# Zymol wheel brush & whats the zymol caddy?



## Alex L (Oct 25, 2005)

Hi guys,

Whens the Zymol wheel brush due in?

And whats the caddy? is it like a bucket/grit guard thing?


----------



## Brazo (Oct 27, 2005)

^^Yep but without the grit guard. I fondled one today it has a great 'skirt' to it and will fit a grit guard nicely :thumb:


----------



## Alex L (Oct 25, 2005)

Brazo said:


> ^^Yep but without the grit guard. I fondled one today it has a great 'skirt' to it and will fit a grit guard nicely :thumb:


Skirt


----------



## Brazo (Oct 27, 2005)

The zymol bucket fits a grit guard nicely and it has a 'skirt' with pockets wrapped around the bucket to store products :thumb:


----------



## Alex L (Oct 25, 2005)

Brazo said:


> The zymol bucket fits a grit guard nicely and it has a 'skirt' with pockets wrapped around the bucket to store products :thumb:


Ohh a utility belt:thumb:

And there was me hoping it was like a golf caddy


----------



## Brazo (Oct 27, 2005)

Yes lol a utility belt!


----------



## Johnnyopolis (Oct 25, 2005)

I really thought Brazo was gonna buy one today... He just couldnt keep his hands off it... He also kept giving it those "longing" looks....

Johnny


----------



## Brazo (Oct 27, 2005)

The Titanium won me over!!


----------



## Rich (Oct 26, 2005)

Will be worthless now if Brazo has had his buttery mitts all over it! Sell that one on discount?


----------



## Alex L (Oct 25, 2005)

Thats quite cool

What about the brush?


----------



## Brazo (Oct 27, 2005)

Rich said:


> Will be worthless now if Brazo has had his buttery mitts all over it! Sell that one on discount?

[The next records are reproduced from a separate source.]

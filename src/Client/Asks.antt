-- ===== src/Client/Asks.antt =====
-- packages/core/src/answerable-ask.ts: the newest message whose ask a user may still answer. A block
-- is a pair of its kind's test and its answered status, as the snapshot has them.
pub mod Latest
use grok_bot_v.Prelude.{
  ℕ, Bool, true, false, ◌&&◌, Option, none, some, List, [], ◌∷◌, ◌==◌, any, keep, map,
  if◌then◌else◌, not,
}
use grok_bot_v.RunState.{RunStatus, is_status, waiting_input}
use grok_bot_v.Store.Blocks.{RowId, MessageBlock, ask, is_answered}

pub record AskMessage : Type 0 where
  pub id : RowId
  pub run_id : Option RowId
  pub blocks : List MessageBlock

pub record AskRun : Type 0 where
  pub id : RowId
  pub status : RunStatus

pub record AskSnapshot : Type 0 where
  pub messages : List AskMessage
  pub run : Option AskRun
  pub active_runs : Option (List AskRun)

abbrev pub runs_of : Option (List AskRun) → Option AskRun → List AskRun
runs_of (some runs) run = runs
runs_of none none = []
runs_of none (some run) = run ∷ []

abbrev pub waiting_run_ids : AskSnapshot → List RowId
waiting_run_ids snapshot =
    map (λ r. r.id)
      (keep (λ r. is_status r.status waiting_input) (runs_of snapshot.active_runs snapshot.run))

abbrev pub is_open_ask : MessageBlock → Bool
is_open_ask (ask a) = not (is_answered a.status)
is_open_ask _ = false

abbrev pub is_waiting : List RowId → Option RowId → Bool
is_waiting waiting none = false
is_waiting waiting (some id) = any (λ i. i == id) waiting

abbrev pub answerable : List RowId → AskMessage → Bool
answerable waiting m = is_waiting waiting m.run_id && any is_open_ask m.blocks

-- the loop from the last message to the first
abbrev pub latest_of : List RowId → List AskMessage → Option AskMessage
latest_of waiting [] = none
latest_of waiting (m ∷ ms) = elim (latest_of waiting ms) [
  | some later ↦ some later
  | none ↦ if answerable waiting m then some m else none
]

abbrev pub message_id : Option AskMessage → Option RowId
message_id none = none
message_id (some m) = some m.id

unfoldable pub latest_answerable_ask_message_id : Option AskSnapshot → Option RowId
latest_answerable_ask_message_id none = none
latest_answerable_ask_message_id (some snapshot) =
    message_id (latest_of (waiting_run_ids snapshot) snapshot.messages)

Does that mean you are worthless?


----------



## Rich (Oct 26, 2005)

PMSL - I guess so


----------



## Johnnyopolis (Oct 25, 2005)

I think i have a box of wheel brushes....

Will check monday.


----------



## Alex L (Oct 25, 2005)

Johnnyopolis said:


> I think i have a box of wheel brushes....
> 
> Will check monday.


Cheers mate:thumb:


----------



## HeavenlyDetail (Sep 22, 2006)

Have 2 zymol caddys but farty xmas has them on his sleigh and i bet he dont deliver as pronto as johnnys little elves!!!


----------



## rorton (Jun 29, 2006)

how much those buckets ???


----------



## deej (Jun 18, 2006)

28 quid each, but you do get 8oz of Zymol Clear with each one along with a sponge and chamois.

Pretty good value i suppose, they do look very smart.


----------



## rorton (Jun 29, 2006)

ohhhh, may have to be a xmaz prezzy , whats the clear stuff? and is the sponge a 'sponge' (i.e. instant swirl inducer??)


----------



## deej (Jun 18, 2006)

Clear is Zymols shampoo, by all accounts its rather good stuff.

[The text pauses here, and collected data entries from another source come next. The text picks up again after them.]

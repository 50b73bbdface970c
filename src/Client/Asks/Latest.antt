-- ===== src/Client/Asks/Latest.antt =====
-- Which message `latestAnswerableAskMessageId` names.
use grok_bot_v.Prelude.{◌≡◌, true, false, List, ◌∷◌, ◌++◌, any}
use grok_bot_v.Store.Blocks.{RowId}
use grok_bot_v.Client.Asks.{AskMessage, answerable}

-- `m` stands in the list, is answerable, and no message after it is.
abbrev pub Last : List RowId → List AskMessage → AskMessage → Type 0
Last waiting ms m =
    (before : List AskMessage) × (after : List AskMessage) × (ms ≡ before ++ (m ∷ after))
    × (answerable waiting m ≡ true)
    × (any (answerable waiting) after ≡ false)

The sponge is different to regular ones, softer foam apparently, and if used with a correct wash technique a sponge shouldnt induce marring. 

:thumb:


----------



## L200 Steve (Oct 25, 2005)

Johnnyopolis said:


> I think i have a box of wheel brushes....
> 
> Will check monday.


Have you got some of these Zymol brushes John?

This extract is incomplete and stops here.